Earlier is better when treating rheumatoid arthritis: but can we detect a window of opportunity?

Abstract

Objectives: The window of opportunity (WOO) hypothesis suggests a limited time frame to stop rheumatoid arthritis (RA). We hypothesised that a WOO could either be represented by a hyperbolic ('curved') decline in the chance to achieve the outcome sustained drug-free remission (sDFR) over time, after which achieving sDFR is not possible anymore, or by a more gradual linear decline approaching zero chance to achieve sDFR.

Methods: Patients with RA (symptom duration <2 years) were included from two randomised trials: BehandelStrategieën (BeSt), n=508 and Induction therapy with Methotrexate and Prednisone in Rheumatoid Or Very Early arthritic Disease (IMPROVED), n=479. Cox-regression was performed to assess the shape of the association between symptom duration and sDFR (Disease Activity Score<1.6, no disease-modifying anti-rheumatic drugs for ≥1 year) for patients starting slow-acting monotherapy (IMPROVED, BeSt) or fast-acting combination therapy (BeSt). Likelihood ratio tests were used to compare the fit of linear and non-linear models in both databases separately. Predictions from the best fitting models were used to assess whether the absolute risk to achieve sDFR approaches zero with increasing symptom duration.

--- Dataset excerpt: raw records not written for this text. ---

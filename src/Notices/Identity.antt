-- ===== src/Notices/Identity.antt =====
-- web/build-notices.mjs: the package that a path of a source map names, by the parts of the path.
use kestrel_feature_mcp.Prelude.{
  lacks, All, nat_eq, code, ℕ, add_first, String, Bool, true, false, ◌≡◌, refl, ap, sym, ◌∙◌, ◌⊎◌,
  inl, inr, ◌&&◌, not, Option, none, some, List, [], ◌∷◌, ◌++◌, split, is_blank, eq_iff, arith,
  Bool-cases, ok, ok-injective, >>=-eq-ok, require->>=, or_throw-eq-ok, or_throw, error, ◌==◌,
  if◌then◌else◌, and-true_parts,
}
use mathlib.Core.Path.{subst}
use text.Mathlib.TextLemmas.{nil-append, cons-append}
use kestrel_feature_mcp.Json.{◌<>◌}
use kestrel_feature_mcp.Notices.{
  is_scope, package_name, match_here, match_path, replace_slash, first_part, locator_of, version_of,
  is_version, is_identity, read_identity,
}

-- The segments begin with a scope and a name in it, and go on.
pub record IsScoped (segments : List String) (name : String) : Type 0 where
  pub scope : String
  pub inner : String
  pub next : String
  pub rest : List String
  pub parts : segments ≡ scope ∷ inner ∷ next ∷ rest
  pub at : is_scope scope ≡ true
  pub named : is_blank inner ≡ false
  pub whole : name ≡ scope <> ("/" <> inner)

-- They begin with a name alone, and go on: it is no scope, or no name in it follows that goes on.
pub record IsPlain (segments : List String) (name : String) : Type 0 where
  pub next : String
  pub rest : List String
  pub parts : segments ≡ name ∷ next ∷ rest
  pub named : is_blank name ≡ false
  pub alone : (is_scope name ≡ false) ⊎ ((is_blank next ≡ true) ⊎ (rest ≡ []))

some-injective : {a b : String} → some a ≡ some b → a ≡ b
some-injective h = cc

plain :
    (s t : String) (rest : List String) (name : String)
    → (if is_blank s then none else some s) ≡ some name
    → (is_scope s ≡ false) ⊎ ((is_blank t ≡ true) ⊎ (rest ≡ []))
    → IsPlain (s ∷ t ∷ rest) name
plain s t rest name h alone = elim (Bool-cases (is_blank s)) [
  | inl blank ↦ (let none_is : none ≡ some name = rw blank at h in cc)
  | inr named ↦
      (let same : some s ≡ some name = rw named at h in
        subst (λ (n : String). IsPlain (s ∷ t ∷ rest) n) (some-injective same)
          (record { next = t; rest = rest; parts = refl; named = named; alone = alone }))
]

package_name_lem :
    (segments : List String) (name : String)
    → package_name segments ≡ some name
    → IsScoped segments name ⊎ IsPlain segments name
package_name_lem [] name h = cc
package_name_lem (s ∷ []) name h = cc
package_name_lem (s ∷ t ∷ []) name h = inr (plain s t [] name h (inr (inr refl)))
package_name_lem (s ∷ t ∷ u ∷ segments) name h =
    elim (Bool-cases (is_scope s && not (is_blank t))) [
      | inl scoped ↦
          (let whole : some (s <> ("/" <> t)) ≡ some name = rw scoped at h in
            inl (record {
              scope = s;
              inner = t;
              next = u;
              rest = segments;
              parts = refl;
              at = ground arith;
              named = ground arith;
              whole = sym (some-injective whole);
            }))
      | inr other ↦ inr (
          plain s t (u ∷ segments) name (rw other at h) (elim (Bool-cases (is_scope s)) [
            | inl is_one ↦ inr (inl (ground arith))
            | inr not_one ↦ inl not_one
          ]))
    ]

-- The folder of a package in the store of pnpm, and its name, among the segments of a path.
pub record IsPlaced (segments : List String) (group name : String) : Type 0 where
  pub before : List String
  pub after : List String
  pub parts : segments ≡ before ++ "node_modules" ∷ ".pnpm" ∷ group ∷ "node_modules" ∷ after
  pub folder : is_blank group ≡ false
  pub called : IsScoped after name ⊎ IsPlain after name

match_here_lem :
    (segments : List String) (group name : String)
    → match_here segments ≡ some (group, name)
    → IsPlaced segments group name
match_here_lem [] group name h = cc
match_here_lem (a ∷ []) group name h = cc
match_here_lem (a ∷ b ∷ []) group name h = cc
match_here_lem (a ∷ b ∷ c ∷ []) group name h = cc
match_here_lem (a ∷ b ∷ c ∷ d ∷ after) group name h =
    by_name (a == "node_modules" && b == ".pnpm" && not (is_blank c) && d == "node_modules") refl
      (package_name after) refl h
  where
    by_name :
        (x : Bool)
        → (a == "node_modules" && b == ".pnpm" && not (is_blank c) && d == "node_modules") ≡ x
        → (o : Option String) → package_name after ≡ o
        → if◌then◌else◌ {A = Option (String × String)} x
            (elim o [ none ↦ none | some n ↦ some (c, n) ])
            none
          ≡ some (group, name)
        → IsPlaced (a ∷ b ∷ c ∷ d ∷ after) group name
    by_name false t o e h = cc
    by_name true t none e h = cc
    by_name true t (some n) e h =
        let first : a ≡ "node_modules" = (eq_iff a "node_modules").0 (ground arith) in
        let second : b ≡ ".pnpm" = (eq_iff b ".pnpm").0 (ground arith) in
        let fourth : d ≡ "node_modules" = (eq_iff d "node_modules").0 (ground arith) in
        let third : c ≡ group = cc in
        let last : n ≡ name = cc in
        record {
          before = [];
          after = after;
          parts = rw (first, second, third, fourth) refl;
          folder = subst (λ (g : String). is_blank g ≡ false) third (ground arith);
          called = package_name_lem after name (e ∙ ap some last);
        }

match_path_lem :
    (segments : List String) (group name : String)
    → match_path segments ≡ some (group, name)
    → IsPlaced segments group name
match_path_lem [] group name h = cc
match_path_lem (s ∷ segments) group name h =
    by_match (match_here (s ∷ segments)) refl h (match_path_lem segments group name)
  where
    by_match :
        (o : Option (String × String))
        → match_here (s ∷ segments) ≡ o
        → elim o [ none ↦ match_path segments | some groups ↦ some groups ] ≡ some (group, name)
        → (match_path segments ≡ some (group, name) → IsPlaced segments group name)
        → IsPlaced (s ∷ segments) group name
    by_match (some groups) e h later = match_here_lem (s ∷ segments) group name (e ∙ h)
    by_match none e h later =
        let i = later h in
        record {
          before = s ∷ i.before;
          after = i.after;
          parts = ap (λ (ss : List String). s ∷ ss) i.parts;
          folder = i.folder;
          called = i.called;
        }

flat_plain : (s : String) → lacks b'/' s ≡ true → replace_slash s ≡ s
flat_plain String.[] h = refl
flat_plain (String.◌∷◌ c s) h =
    let (other, rest) = and-true_parts (not (nat_eq (code c) b'/')) (lacks b'/' s) h in
    let here : nat_eq (code c) b'/' ≡ false = ground arith in
    rw here (ap (λ (t : String). String.◌∷◌ c t) (flat_plain s rest))

flat_scoped :
    (s t : String) → lacks b'/' s ≡ true → replace_slash (s <> ("/" <> t)) ≡ s <> ("+" <> t)
flat_scoped String.[] t h =
    rw (nil-append ("/" <> t), nil-append ("+" <> t), cons-append "/" String.[] t, nil-append t)
      refl
flat_scoped (String.◌∷◌ c s) t h =
    let (other, rest) = and-true_parts (not (nat_eq (code c) b'/')) (lacks b'/' s) h in
    let here : nat_eq (code c) b'/' ≡ false = ground arith in
    rw (cons-append c s ("/" <> t), cons-append c s ("+" <> t), here)
      (ap (λ (u : String). String.◌∷◌ c u) (flat_scoped s t rest))

split-All_lacks : (n : ℕ) (s : String) → All (λ (t : String). lacks n t ≡ true) (split n s)
unfolding split
split-All_lacks n String.[] = (refl, tt)
split-All_lacks n (String.◌∷◌ c s) = elim (Bool-cases (nat_eq (code c) n)) [
  | inl here ↦ rw here (refl, split-All_lacks n s)
  | inr other ↦ rw other (firsts (split n s) other (split-All_lacks n s))
]
  where
    firsts :
        (ss : List String)
        → nat_eq (code c) n ≡ false
        → All (λ (t : String). lacks n t ≡ true) ss
        → All (λ (t : String). lacks n t ≡ true) (add_first c ss)
    firsts [] other a = rw other (refl, tt)
    firsts (t ∷ ss) other a = rw other a

-- The name with `+` for the slash behind its scope.
abbrev pub flat_of :
    {after : List String} {name : String} → IsScoped after name ⊎ IsPlain after name → String
flat_of (inl s) = s.scope <> ("+" <> s.inner)
flat_of {after} {name} (inr p) = name

All-after :
    (P : String → Type 0) (before after : List String) → All P (before ++ after) → All P after
All-after P [] after a = a
All-after P (s ∷ before) after a = All-after P before after a.1

replace_slash_lem :
    (after : List String) (name : String) (called : IsScoped after name ⊎ IsPlain after name)
    → All (λ (s : String). lacks b'/' s ≡ true) after
    → replace_slash name ≡ flat_of called
replace_slash_lem after name (inl s) a =
    let parts = subst (All (λ (x : String). lacks b'/' x ≡ true)) s.parts a in
    ap replace_slash s.whole ∙ flat_scoped s.scope s.inner parts.0
replace_slash_lem after name (inr p) a =
    let parts = subst (All (λ (x : String). lacks b'/' x ≡ true)) p.parts a in
    flat_plain name parts.0

-- A path names a package: the segments have its folder in the store and then its name, the folder's
-- name up to its first `_` is this name and a version, and the version is one.
pub record IsIdentity (source key : String) : Type 0 where
  pub group : String
  pub name : String
  pub version : String
  pub suffixes : List String
  pub placed : IsPlaced (split b'/' source) group name
  pub locator : split b'_' group ≡ (flat_of placed.called <> ("@" <> version)) ∷ suffixes
  pub release : is_version version ≡ true
  pub key_is : key ≡ name <> ("@" <> version)

locator_lem :
    (parts : List String) (name version : String)
    → (first_part parts == replace_slash name <> ("@" <> version)) ≡ true
    → is_version (version_of (first_part parts)) ≡ true
    → (suffixes : List String) × (parts ≡ (replace_slash name <> ("@" <> version)) ∷ suffixes)
unfolding split
locator_lem [] name version h v = cc
locator_lem (s ∷ parts) name version h v =
    (parts, ap (λ (t : String). t ∷ parts) ((eq_iff s _).0 h))

pub read_identity-IsIdentity :
    (source key : String) → read_identity source ≡ ok key → IsIdentity source key
unfolding read_identity
read_identity-IsIdentity source key h =
    let (groups, found, h1) =
      >>=-eq-ok
        (or_throw (match_path (split b'/' source))
          (error ("Unsupported embedded dependency source path: " <> source)))
        _ h in
    let (good, made) =
      require->>= (is_identity (locator_of groups.0) groups.1 (version_of (locator_of groups.0))) _
        _ h1 in
    let (same, release) = and-true_parts _ _ good in
    let (suffixes, parts) =
      locator_lem (split b'_' groups.0) groups.1 (version_of (locator_of groups.0)) same release in
    let placed =
      match_path_lem (split b'/' source) groups.0 groups.1
        (or_throw-eq-ok (match_path (split b'/' source)) _ found) in
    let segments =
      subst (All (λ (x : String). lacks b'/' x ≡ true)) placed.parts
        (split-All_lacks b'/' source) in
    let within = (All-after _ placed.before _ segments).1.1.1.1 in
    let flat = replace_slash_lem placed.after groups.1 placed.called within in
    record {
      group = groups.0;
      name = groups.1;
      version = version_of (locator_of groups.0);
      suffixes = suffixes;
      placed = placed;
      locator =
          parts
          ∙ ap (λ (f : String). (f <> ("@" <> version_of (locator_of groups.0))) ∷ suffixes) flat;
      release = release;
      key_is = sym (ok-injective made);
    }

Results: In BeSt and IMPROVED, 54/226 and 110/421 patients achieved sDFR with fast-acting treatment, and 53/243 (BeSt) with slow-acting treatment. Non-linear models did not fit better than linear models (fast-acting treatment BeSt p=0.743, IMPROVED p=0.337; slow-acting treatment BeSt p=0.609). After slow-acting monotherapy, linear models declined steeper. None of the models approached zero chance to achieve sDFR over time.

Conclusions: The chance to achieve sDFR decreased gradually over time, and decreased fastest in patients starting slow-acting monotherapy. In both treatment groups, we found no evidence for a WOO within 2 years symptom duration.

Keywords: Bone mineral density; Corticosteroids; DMARDs (biologic); DMARDs (synthetic); Disease activity; Osteoarthritis; Osteoporosis; Rheumatoid arthritis.

Figure 1

Representation of time-to-outcome curves for the relationship between time to treatment initiation and the chance to achieve sDFR. (A) Shows a non-linear relationship between time of treatment onset and the outcome sDFR. There is a short time frame with a high chance of achieving the outcome (until the bend in the curve) and a lost opportunity thereafter. This would indicate a WOO. (B) Shows a linear relationship between time of treatment onset and the outcome sDFR, which is indicative of a more gradual decline in the chance of achieving the outcome. If this chance approaches zero with increasing symptom duration, this would also be indicative of a WOO. sDFR, sustained drug-free remission; WOO, window of opportunity.

Figure 2

The WOO and slow- versus fast-acting DMARDs. In this figure, the potential effect of slow- versus fast-acting DMARDs on the WOO is drawn for a non-linear scenario. The same hypothesis could be applied in a linear scenario. DMARDs, disease-modifying anti-rheumatic drugs; WOO, window of opportunity.

Figure 3

Best fit models to depict the relationship between symptom duration and sDFR. Panels show data from the BeSt (A) and IMPROVED (B) trial. Applying natural cubic spline functions (allowing a curved relationship) did not result in a superior fit compared to a linear model. sDFR, sustained drug-free remission.

Figure 4

Absolute risk to achieve sDFR with increasing symptom duration in BeSt (A) and IMPROVED (B). Predictions were calculated based on the best fitting models, as shown in figure 3. sDFR, sustained drug-free remission.